# Flat is good!



## measure2wice (Mar 3, 2015)

I finally got around to building a torsion box assembly / outfield / work table. I built the top about a month ago and just finished up the base. Going to build some removable cabinets with drawers in the near future to go under the table. What a pleasure to have a dead flat surface to work on!


----------



## ClammyBallz (Apr 16, 2015)

Nice job! That's my next project. How wide did you make the slats?


----------



## bonesbr549 (Jan 1, 2010)

Good job.


----------



## Unknowncraftsman (Jun 23, 2013)

That's looks great !


----------



## JoeinGa (Nov 26, 2012)

Looks great. And sturdy too !


----------



## Ocelot (Mar 6, 2011)

Yeah! I want one of those too.


----------



## measure2wice (Mar 3, 2015)

> Nice job! That s my next project. How wide did you make the slats?
> 
> - ClammyBallz


The box grid is 3" - 1/2" MDF. The top is 3/4" MDF, bottom skin is 1/2" MDF. Topped with 1/4" hardboard that is not attached. Base is 1" ply that was left outdoors and someone gave me. Only had to buy the hardboard and wheels, everything else was laying around the studio.

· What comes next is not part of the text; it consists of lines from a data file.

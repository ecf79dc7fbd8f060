-- ===== src/Fmu/Stream/Reads.antt =====
-- What a read of a stream yields, and sound streams.
use Prim.Native.Nat.{min}
use mathlib.Core.Path.{subst}
use dse_fmi.Common.{
  ℕ, ◌+◌, ◌^◌, ◌≤◌, ◌<◌, ◌≡◌, refl, sym, ap, Bool, true, false, Bool-cases, inl, inr, Option, none,
  some, List, [], ◌∷◌, length, take, drop, Bytes, ltb, leb, if◌then◌else◌, length-take, take-drop,
  drop_all, arith,
}
use dse_fmi.Fmu.Stream.{BinarySignal, bytes_of, content, read_from, IsBuffer, Stream, Out, StreamOp}
use dse_fmi.Fmu.Stream.File.{file_of}

-- The position lies in the variable's bytes, and these in its buffer.
pub record IsStream (s : Stream) : Type 0 where
  pub at_most : s.pos ≤ s.signal.length
  pub buffer : IsBuffer s.signal

-- The bytes that the writes of the calls add.
abbrev pub written : List StreamOp → ℕ
written [] = 0
written (StreamOp.write d ∷ ops) = length d + written ops
written (op ∷ ops) = written ops

-- The offsets of the seeks are below 2^63.
abbrev pub OffsetsFit : List StreamOp → Type 0
OffsetsFit [] = Unit
OffsetsFit (StreamOp.seek p op ∷ ops) = (p < 2 ^ 63) × OffsetsFit ops
OffsetsFit (op ∷ ops) = OffsetsFit ops

-- The stream is sound, and after `more` further bytes its length is still a uint32.
abbrev pub Fits : ℕ → Option Stream → Type 0
Fits more none = Unit
Fits more (some s) = IsStream s × (s.signal.length + more < 2 ^ 32)

pub length-content : (s : BinarySignal) → IsBuffer s → length (content s) ≡ s.length
length-content s h = omega (arith, length-take s.length (bytes_of s.binary))

-- The larger of two is cut to the bound.
pub clip : (p n : ℕ) → (if ltb n p then n else p) ≡ min p n
clip p n = ground arith

pub clip-eq : (p n : ℕ) → p ≤ n → (if ltb n p then n else p) ≡ p
clip-eq p n h = ground arith

-- What a read of the stream with the buffer `o` yields.
pub record ReadYields (u : Bool) (s : Stream) (o : Option Bytes) : Type 0 where
  pub out : (read_from u s o).0 ≡ Out.slice (drop s.pos (take s.signal.length (bytes_of o)))
  pub state :
      file_of (read_from u s o).1
      ≡ (if u then record { bytes = content s.signal; at = s.signal.length } else file_of s)
  pub signal : (read_from u s o).1.signal ≡ s.signal
  pub at_most : (read_from u s o).1.pos ≤ (read_from u s o).1.signal.length

at_end :
    (u : Bool) (s : Stream)
    → s.pos ≡ s.signal.length
    → file_of s
      ≡ (if u then record { bytes = content s.signal; at = s.signal.length } else file_of s)
at_end true s e = λ i. record { bytes = content s.signal; at = e i }
at_end false s e = refl

pub read_from-ReadYields :
    (u : Bool) (s : Stream) (o : Option Bytes) → s.signal.binary ≡ o → IsStream s → ReadYields u s o
unfolding read_from
read_from-ReadYields u s none e h =
    let empty : s.signal.length ≤ 0 =
      subst (λ x. s.signal.length ≤ length (bytes_of x)) e h.buffer in
    record {
      out = ap Out.slice (
          sym (
            drop_all s.pos (take s.signal.length [])
              (omega (arith, length-take {A = ℕ} s.signal.length []))));
      state = at_end u s (omega (arith, h.at_most));
      signal = refl;
      at_most = h.at_most;
    }
read_from-ReadYields u s (some b) e h = elim (Bool-cases (leb s.signal.length s.pos)) [
  | inl t ↦ record {
    out = rw t (
        ap Out.slice (
          sym (
            drop_all s.pos (take s.signal.length b)
              (ground (arith, length-take s.signal.length b)))));
    state = rw t (at_end u s (ground arith));
    signal = rw t;
    at_most = rw t h.at_most;
  }
  | inr t ↦ record {
    out = rw t (ap Out.slice (take-drop s.pos s.signal.length b));
    state = rw t (moved u);
    signal = rw t (kept u);
    at_most = rw t (bound u);
  }
]
  where
    moved :
        (v : Bool)
        → file_of (if v then record s { pos = s.signal.length } else s)
          ≡ (if v then record { bytes = content s.signal; at = s.signal.length } else file_of s)
    moved true = refl
    moved false = refl

    kept : (v : Bool) → (if v then record s { pos = s.signal.length } else s).signal ≡ s.signal
    kept true = refl
    kept false = refl

    bound :
        (v : Bool)
        → (if v then record s { pos = s.signal.length } else s).pos
          ≤ (if v then record s { pos = s.signal.length } else s).signal.length
    bound true = omega arith
    bound false = h.at_most

pub written-cons :
    (op : StreamOp) (ops : List StreamOp) → written (op ∷ ops) ≡ written (op ∷ []) + written ops
written-cons (StreamOp.write d) ops = omega arith
written-cons StreamOp.tell ops = omega arith
written-cons _ ops = omega arith

pub OffsetsFit-cons :
    (op : StreamOp) (ops : List StreamOp)
    → OffsetsFit (op ∷ ops)
    → OffsetsFit (op ∷ []) × OffsetsFit ops
OffsetsFit-cons (StreamOp.seek p op) ops h = ((h.0, tt), h.1)
OffsetsFit-cons StreamOp.tell ops h = (tt, h)
OffsetsFit-cons _ ops h = (tt, h)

Thanks for all the nice comments!


----------



## builtinbkyn (Oct 29, 2015)

Harry that's a great work surface. Nice job!


----------



## wormil (Nov 19, 2011)

I'm jealous.


----------



## MrRon (Jul 9, 2009)

Very nice job. How did you insure the top was flat before gluing it up? I made one like that, but the bottom sheet had a slight twist in it. Result; the torsion box was not flat.


----------



## waho6o9 (May 6, 2011)

Fantastic table, great work Harry!


----------



## measure2wice (Mar 3, 2015)

> Very nice job. How did you insure the top was flat before gluing it up? I made one like that, but the bottom sheet had a slight twist in it. Result; the torsion box was not flat.
> 
> - MrRon


Making something flat to build the box on was the hardest part! I had (5) very dry and straight 2×4's that I jointed and planed, cut one in half for the saw horses. Leveled out the saw horses with winding sticks and a level, then hot glued the rest of the 2×4's on top (and the saw horse legs to the floor) and then checked everything was perfectly flat and level. Then used a waxed sheet of MDF on top of that. Checked flatness and level again. I kinda followed this but opted to use lap joints instead of glueing and nailing a pile of pieces. This thing came out dead flat, and heavy… I was worried about the wheels, but when locked, the table won't budge : )

Again, thanks for all the great comments!


----------



## a1Jim (Aug 9, 2008)

Nice


----------



## MrRon (Jul 9, 2009)

Harry, You did it properly with the winding sticks and all. Great job!


----------



## clin (Sep 3, 2015)

Harry, I tried asking this question in a new thread, and it's not working out, so I'll ask you in yours. When you laid the webbing using the half lap joints, did you glue the webs where they crossed or just leave them dry.

I can't see any reason to glue these where they cross, but have seen several examples online where guys just drown the joints in glue.


----------



## measure2wice (Mar 3, 2015)

> Harry, I tried asking this question in a new thread, and it s not working out, so I ll ask you in yours. When you laid the webbing using the half lap joints, did you glue the webs where they crossed or just leave them dry.
> 
> I can t see any reason to glue these where they cross, but have seen several examples online where guys just drown the joints in glue.
> 
> - clin


I used Titebond 3 for a little extra set up time and brad nailed. Didn't drown it with glue though. I'd take the extra few minutes to glue and nail it.


----------



## TheFridge (May 1, 2014)

Clin, a lot of glue never hurts


----------